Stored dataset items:

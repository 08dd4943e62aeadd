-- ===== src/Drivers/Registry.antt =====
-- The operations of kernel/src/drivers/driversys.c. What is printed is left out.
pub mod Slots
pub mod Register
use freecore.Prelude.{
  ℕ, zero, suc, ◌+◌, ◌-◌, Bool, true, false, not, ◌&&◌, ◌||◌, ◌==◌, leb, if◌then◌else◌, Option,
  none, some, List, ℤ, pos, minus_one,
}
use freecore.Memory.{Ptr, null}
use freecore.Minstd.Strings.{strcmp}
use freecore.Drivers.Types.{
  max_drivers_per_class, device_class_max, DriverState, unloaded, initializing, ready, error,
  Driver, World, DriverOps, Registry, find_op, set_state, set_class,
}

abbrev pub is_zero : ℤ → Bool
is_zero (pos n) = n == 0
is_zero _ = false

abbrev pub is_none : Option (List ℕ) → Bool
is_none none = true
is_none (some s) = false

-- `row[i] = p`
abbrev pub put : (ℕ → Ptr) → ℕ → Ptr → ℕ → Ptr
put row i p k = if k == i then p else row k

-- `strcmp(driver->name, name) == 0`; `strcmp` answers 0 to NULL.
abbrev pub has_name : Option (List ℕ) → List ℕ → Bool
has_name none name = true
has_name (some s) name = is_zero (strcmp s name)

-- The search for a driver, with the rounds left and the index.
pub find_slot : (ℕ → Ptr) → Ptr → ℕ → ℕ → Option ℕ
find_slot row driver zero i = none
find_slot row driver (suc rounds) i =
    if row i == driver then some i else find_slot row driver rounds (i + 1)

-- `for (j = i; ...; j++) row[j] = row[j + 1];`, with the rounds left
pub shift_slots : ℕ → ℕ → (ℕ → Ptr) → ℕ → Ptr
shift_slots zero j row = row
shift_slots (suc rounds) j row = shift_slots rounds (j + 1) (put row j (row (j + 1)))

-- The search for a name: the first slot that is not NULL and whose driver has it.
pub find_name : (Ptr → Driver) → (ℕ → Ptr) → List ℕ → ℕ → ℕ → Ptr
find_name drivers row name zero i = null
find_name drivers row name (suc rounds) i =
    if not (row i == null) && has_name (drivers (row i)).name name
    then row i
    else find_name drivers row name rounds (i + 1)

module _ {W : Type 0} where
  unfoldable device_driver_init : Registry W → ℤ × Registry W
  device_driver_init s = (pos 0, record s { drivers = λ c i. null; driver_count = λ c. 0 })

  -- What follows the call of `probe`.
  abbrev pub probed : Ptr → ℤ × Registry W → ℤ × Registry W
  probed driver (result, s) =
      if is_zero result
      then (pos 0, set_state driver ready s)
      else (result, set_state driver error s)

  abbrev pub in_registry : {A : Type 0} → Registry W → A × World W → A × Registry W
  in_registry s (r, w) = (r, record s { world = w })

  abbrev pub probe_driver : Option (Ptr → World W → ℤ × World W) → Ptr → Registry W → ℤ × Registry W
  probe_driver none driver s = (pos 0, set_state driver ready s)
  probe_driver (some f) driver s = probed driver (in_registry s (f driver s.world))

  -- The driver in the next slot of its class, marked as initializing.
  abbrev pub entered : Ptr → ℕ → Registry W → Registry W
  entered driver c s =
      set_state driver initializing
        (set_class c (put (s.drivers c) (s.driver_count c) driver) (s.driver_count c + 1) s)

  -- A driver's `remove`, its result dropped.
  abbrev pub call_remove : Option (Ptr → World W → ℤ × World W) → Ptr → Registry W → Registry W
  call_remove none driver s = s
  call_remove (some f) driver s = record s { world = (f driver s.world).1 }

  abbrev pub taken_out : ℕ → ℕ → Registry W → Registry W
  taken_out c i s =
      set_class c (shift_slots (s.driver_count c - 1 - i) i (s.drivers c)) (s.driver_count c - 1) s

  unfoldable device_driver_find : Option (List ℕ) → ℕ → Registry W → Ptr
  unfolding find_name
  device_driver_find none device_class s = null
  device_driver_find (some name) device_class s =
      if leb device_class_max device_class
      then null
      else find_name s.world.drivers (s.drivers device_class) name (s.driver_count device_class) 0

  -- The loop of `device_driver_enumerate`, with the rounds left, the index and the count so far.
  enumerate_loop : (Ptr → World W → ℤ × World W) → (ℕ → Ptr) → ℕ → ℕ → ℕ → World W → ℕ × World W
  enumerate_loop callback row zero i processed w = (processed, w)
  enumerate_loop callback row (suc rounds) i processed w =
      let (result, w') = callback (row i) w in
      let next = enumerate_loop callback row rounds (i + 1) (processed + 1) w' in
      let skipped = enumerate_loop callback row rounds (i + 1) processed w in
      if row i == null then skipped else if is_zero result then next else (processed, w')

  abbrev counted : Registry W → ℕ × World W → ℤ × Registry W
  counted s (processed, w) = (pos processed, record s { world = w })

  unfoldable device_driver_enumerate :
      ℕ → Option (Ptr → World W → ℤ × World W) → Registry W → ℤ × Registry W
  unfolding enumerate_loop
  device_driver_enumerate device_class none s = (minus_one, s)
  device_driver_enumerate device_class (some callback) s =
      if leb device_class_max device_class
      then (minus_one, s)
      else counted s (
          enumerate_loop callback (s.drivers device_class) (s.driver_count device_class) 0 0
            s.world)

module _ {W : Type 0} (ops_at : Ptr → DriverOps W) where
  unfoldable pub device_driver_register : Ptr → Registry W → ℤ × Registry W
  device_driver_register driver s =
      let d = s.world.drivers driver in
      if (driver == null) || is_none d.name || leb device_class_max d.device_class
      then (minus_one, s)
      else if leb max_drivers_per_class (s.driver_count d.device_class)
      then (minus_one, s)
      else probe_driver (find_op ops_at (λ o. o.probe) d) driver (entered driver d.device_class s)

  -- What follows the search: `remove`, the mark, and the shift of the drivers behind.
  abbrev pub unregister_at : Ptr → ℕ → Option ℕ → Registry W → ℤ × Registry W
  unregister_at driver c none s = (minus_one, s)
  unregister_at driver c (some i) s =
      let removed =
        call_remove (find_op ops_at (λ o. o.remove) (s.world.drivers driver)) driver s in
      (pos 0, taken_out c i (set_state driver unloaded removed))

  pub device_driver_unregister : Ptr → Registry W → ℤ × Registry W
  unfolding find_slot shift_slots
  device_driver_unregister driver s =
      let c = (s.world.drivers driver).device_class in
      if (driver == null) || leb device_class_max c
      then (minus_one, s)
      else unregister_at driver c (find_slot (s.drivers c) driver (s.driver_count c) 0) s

* * *

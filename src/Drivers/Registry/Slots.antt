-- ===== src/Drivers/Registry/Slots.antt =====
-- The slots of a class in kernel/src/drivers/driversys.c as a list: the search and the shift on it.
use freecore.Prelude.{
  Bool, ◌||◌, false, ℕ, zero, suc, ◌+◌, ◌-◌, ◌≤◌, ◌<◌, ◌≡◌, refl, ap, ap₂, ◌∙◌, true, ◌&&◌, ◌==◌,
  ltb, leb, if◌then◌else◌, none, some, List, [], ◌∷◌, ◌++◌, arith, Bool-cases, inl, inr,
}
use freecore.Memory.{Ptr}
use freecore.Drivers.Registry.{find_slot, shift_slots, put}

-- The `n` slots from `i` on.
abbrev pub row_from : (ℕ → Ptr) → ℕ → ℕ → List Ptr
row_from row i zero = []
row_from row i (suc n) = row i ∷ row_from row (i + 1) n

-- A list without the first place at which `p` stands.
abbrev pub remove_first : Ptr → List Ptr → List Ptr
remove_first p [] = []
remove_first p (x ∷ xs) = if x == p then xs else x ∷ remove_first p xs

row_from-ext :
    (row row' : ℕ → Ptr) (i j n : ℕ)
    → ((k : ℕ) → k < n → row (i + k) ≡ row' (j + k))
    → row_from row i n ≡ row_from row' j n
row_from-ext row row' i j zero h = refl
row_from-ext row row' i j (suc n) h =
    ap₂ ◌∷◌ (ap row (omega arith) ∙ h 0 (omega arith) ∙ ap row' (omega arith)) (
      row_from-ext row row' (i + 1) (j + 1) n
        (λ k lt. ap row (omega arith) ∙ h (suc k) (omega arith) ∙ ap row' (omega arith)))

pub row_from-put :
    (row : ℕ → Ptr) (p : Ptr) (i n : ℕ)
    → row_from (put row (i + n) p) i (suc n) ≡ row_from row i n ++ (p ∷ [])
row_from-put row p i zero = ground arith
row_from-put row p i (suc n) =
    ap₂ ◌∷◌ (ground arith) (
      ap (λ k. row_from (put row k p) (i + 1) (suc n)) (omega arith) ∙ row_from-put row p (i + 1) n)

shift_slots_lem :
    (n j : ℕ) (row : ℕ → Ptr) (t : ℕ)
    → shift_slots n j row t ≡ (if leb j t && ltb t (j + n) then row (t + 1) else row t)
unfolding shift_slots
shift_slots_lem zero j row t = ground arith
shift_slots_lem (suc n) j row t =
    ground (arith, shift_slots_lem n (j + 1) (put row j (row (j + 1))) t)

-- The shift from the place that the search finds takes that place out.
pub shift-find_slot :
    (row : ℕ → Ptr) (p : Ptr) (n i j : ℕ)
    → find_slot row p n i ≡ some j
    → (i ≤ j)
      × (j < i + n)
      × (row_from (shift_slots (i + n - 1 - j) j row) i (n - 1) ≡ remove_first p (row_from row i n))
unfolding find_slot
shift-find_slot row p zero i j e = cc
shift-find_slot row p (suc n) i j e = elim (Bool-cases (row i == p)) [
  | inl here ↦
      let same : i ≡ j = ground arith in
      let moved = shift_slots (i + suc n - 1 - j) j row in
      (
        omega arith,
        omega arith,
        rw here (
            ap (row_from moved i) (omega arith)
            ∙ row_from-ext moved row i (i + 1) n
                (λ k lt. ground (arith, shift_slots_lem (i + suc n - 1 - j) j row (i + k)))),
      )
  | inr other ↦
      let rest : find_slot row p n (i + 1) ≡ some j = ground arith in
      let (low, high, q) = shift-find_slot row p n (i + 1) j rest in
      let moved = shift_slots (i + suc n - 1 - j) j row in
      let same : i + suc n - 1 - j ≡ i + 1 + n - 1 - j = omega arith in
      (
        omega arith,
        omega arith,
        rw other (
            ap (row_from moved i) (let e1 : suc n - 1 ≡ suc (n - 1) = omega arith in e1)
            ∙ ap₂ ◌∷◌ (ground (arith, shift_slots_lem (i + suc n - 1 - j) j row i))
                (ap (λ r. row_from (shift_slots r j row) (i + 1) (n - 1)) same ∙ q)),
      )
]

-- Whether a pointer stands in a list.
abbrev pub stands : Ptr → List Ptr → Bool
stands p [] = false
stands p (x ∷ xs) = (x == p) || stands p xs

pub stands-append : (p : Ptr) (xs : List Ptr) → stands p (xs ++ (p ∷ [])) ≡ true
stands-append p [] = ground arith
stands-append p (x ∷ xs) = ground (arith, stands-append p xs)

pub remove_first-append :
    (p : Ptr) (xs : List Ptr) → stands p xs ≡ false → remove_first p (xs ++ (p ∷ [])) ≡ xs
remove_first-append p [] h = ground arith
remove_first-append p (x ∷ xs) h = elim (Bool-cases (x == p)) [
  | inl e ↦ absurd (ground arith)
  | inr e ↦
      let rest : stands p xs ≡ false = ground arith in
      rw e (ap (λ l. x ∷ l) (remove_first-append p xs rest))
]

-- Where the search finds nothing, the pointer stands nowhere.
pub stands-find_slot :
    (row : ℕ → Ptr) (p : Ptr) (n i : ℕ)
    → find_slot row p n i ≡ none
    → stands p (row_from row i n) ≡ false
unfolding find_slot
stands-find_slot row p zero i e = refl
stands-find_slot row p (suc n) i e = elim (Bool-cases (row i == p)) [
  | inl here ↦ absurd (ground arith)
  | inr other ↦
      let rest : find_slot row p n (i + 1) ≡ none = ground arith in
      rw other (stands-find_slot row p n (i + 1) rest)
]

==

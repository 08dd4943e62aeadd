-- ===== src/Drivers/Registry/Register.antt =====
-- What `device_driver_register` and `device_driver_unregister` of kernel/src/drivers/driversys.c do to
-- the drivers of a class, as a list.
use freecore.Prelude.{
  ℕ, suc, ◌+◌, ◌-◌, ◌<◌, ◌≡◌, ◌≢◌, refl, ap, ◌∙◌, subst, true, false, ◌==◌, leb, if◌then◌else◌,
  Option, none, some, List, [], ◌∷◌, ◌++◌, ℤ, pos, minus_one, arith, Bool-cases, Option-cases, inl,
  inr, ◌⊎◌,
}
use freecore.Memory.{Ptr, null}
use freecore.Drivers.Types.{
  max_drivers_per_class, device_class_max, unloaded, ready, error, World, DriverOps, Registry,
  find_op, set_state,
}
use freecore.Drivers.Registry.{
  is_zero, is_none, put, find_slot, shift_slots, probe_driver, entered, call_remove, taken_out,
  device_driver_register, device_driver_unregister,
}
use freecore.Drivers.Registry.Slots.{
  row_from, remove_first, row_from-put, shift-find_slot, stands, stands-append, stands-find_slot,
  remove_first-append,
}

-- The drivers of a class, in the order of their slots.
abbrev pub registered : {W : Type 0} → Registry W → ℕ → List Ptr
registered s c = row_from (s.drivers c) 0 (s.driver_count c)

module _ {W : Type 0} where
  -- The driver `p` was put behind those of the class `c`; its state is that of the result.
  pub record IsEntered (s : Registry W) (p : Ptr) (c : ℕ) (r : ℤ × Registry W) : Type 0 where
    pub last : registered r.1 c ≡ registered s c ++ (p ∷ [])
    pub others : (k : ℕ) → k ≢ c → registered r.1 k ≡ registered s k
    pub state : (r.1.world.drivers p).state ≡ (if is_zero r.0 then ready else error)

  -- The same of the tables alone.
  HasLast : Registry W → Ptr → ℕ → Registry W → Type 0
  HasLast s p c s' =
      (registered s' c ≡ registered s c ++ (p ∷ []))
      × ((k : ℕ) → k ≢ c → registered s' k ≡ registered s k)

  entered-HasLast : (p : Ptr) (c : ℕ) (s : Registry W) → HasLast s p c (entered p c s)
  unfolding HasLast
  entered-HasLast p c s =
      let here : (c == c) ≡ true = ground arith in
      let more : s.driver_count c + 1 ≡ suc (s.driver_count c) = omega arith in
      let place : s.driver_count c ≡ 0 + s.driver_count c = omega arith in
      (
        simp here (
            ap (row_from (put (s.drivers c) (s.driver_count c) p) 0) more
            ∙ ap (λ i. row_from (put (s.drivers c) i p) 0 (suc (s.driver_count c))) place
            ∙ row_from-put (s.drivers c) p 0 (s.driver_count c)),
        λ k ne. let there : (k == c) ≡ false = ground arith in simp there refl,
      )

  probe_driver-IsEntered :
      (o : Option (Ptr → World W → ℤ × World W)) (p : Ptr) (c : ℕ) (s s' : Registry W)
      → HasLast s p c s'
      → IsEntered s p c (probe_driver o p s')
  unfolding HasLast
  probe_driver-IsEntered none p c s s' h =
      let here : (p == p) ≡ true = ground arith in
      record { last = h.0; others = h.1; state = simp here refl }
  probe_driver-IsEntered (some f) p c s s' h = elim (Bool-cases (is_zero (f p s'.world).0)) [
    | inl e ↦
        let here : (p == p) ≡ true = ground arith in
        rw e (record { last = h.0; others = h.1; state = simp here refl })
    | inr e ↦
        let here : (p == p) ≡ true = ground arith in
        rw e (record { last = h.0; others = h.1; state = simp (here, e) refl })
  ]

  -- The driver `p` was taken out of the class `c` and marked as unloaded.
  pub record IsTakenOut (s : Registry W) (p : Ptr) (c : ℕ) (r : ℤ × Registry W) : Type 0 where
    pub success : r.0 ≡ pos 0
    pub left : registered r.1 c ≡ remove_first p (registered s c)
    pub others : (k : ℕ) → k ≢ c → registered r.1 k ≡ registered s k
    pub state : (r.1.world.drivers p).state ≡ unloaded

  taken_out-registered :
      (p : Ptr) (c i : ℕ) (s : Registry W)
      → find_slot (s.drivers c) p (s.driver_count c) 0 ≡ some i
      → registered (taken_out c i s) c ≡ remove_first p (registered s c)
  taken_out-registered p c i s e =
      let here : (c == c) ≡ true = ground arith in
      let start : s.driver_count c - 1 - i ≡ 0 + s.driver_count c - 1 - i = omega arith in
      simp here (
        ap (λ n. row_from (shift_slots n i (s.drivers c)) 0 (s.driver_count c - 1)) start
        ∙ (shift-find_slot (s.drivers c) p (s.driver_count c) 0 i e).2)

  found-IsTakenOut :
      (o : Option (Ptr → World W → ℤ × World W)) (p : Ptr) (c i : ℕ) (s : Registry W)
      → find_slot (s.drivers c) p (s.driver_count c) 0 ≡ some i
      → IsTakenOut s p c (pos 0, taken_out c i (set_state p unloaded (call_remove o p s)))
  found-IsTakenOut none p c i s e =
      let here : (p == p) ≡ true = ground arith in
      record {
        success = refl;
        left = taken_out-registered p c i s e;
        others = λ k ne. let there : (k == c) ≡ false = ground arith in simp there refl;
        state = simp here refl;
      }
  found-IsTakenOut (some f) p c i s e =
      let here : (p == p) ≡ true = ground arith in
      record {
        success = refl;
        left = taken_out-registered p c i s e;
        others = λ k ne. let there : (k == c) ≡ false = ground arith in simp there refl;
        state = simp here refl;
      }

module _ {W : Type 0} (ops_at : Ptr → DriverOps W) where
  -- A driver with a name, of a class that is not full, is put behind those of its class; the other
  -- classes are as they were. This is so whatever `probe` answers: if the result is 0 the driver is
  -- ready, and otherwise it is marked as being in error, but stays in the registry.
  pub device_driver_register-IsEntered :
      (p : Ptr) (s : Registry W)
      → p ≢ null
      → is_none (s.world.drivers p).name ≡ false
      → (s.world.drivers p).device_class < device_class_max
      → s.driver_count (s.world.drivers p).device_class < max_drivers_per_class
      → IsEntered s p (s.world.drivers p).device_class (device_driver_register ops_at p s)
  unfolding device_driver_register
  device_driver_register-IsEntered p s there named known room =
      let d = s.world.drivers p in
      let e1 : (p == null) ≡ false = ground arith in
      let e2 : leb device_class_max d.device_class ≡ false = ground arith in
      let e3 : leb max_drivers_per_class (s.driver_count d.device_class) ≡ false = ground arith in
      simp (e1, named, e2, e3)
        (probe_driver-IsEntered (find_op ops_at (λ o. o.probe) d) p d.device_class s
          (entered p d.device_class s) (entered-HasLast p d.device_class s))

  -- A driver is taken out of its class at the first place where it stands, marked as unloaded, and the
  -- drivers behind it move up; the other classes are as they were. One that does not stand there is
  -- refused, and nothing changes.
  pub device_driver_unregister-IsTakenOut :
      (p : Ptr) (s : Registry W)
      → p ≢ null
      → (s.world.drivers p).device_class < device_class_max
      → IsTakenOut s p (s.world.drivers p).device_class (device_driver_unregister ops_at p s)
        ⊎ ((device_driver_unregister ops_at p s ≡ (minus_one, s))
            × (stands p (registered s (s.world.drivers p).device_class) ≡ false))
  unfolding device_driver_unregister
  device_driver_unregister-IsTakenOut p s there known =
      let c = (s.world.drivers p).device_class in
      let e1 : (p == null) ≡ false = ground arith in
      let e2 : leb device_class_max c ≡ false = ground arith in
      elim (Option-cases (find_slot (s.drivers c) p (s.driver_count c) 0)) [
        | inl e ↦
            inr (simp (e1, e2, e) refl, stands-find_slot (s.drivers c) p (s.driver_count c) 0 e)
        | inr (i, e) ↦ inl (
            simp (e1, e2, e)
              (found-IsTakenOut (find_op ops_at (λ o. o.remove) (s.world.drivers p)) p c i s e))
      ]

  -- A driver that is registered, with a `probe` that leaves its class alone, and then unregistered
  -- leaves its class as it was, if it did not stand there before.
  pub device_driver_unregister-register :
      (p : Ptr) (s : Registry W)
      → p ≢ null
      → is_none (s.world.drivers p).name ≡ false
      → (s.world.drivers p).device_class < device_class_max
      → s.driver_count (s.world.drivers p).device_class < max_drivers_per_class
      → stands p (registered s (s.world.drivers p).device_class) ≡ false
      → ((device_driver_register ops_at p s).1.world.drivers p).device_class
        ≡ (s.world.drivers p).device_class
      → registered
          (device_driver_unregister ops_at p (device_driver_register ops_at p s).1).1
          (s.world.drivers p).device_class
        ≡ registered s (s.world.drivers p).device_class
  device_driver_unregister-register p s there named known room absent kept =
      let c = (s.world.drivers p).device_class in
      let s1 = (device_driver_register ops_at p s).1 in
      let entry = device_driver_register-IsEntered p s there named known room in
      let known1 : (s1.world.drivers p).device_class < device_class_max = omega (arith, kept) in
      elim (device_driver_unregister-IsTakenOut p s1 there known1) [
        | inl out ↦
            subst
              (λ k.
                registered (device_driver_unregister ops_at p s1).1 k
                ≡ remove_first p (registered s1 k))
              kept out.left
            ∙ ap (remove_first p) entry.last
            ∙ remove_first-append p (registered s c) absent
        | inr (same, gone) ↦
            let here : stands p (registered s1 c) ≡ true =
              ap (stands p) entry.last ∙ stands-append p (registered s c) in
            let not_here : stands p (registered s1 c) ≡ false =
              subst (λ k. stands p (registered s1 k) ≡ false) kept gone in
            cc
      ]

### WHAT IS BEING ASKED
Scan the entries above and report the number of lines that contain the word "kept", with no added text.

### ANSWER BELOW
4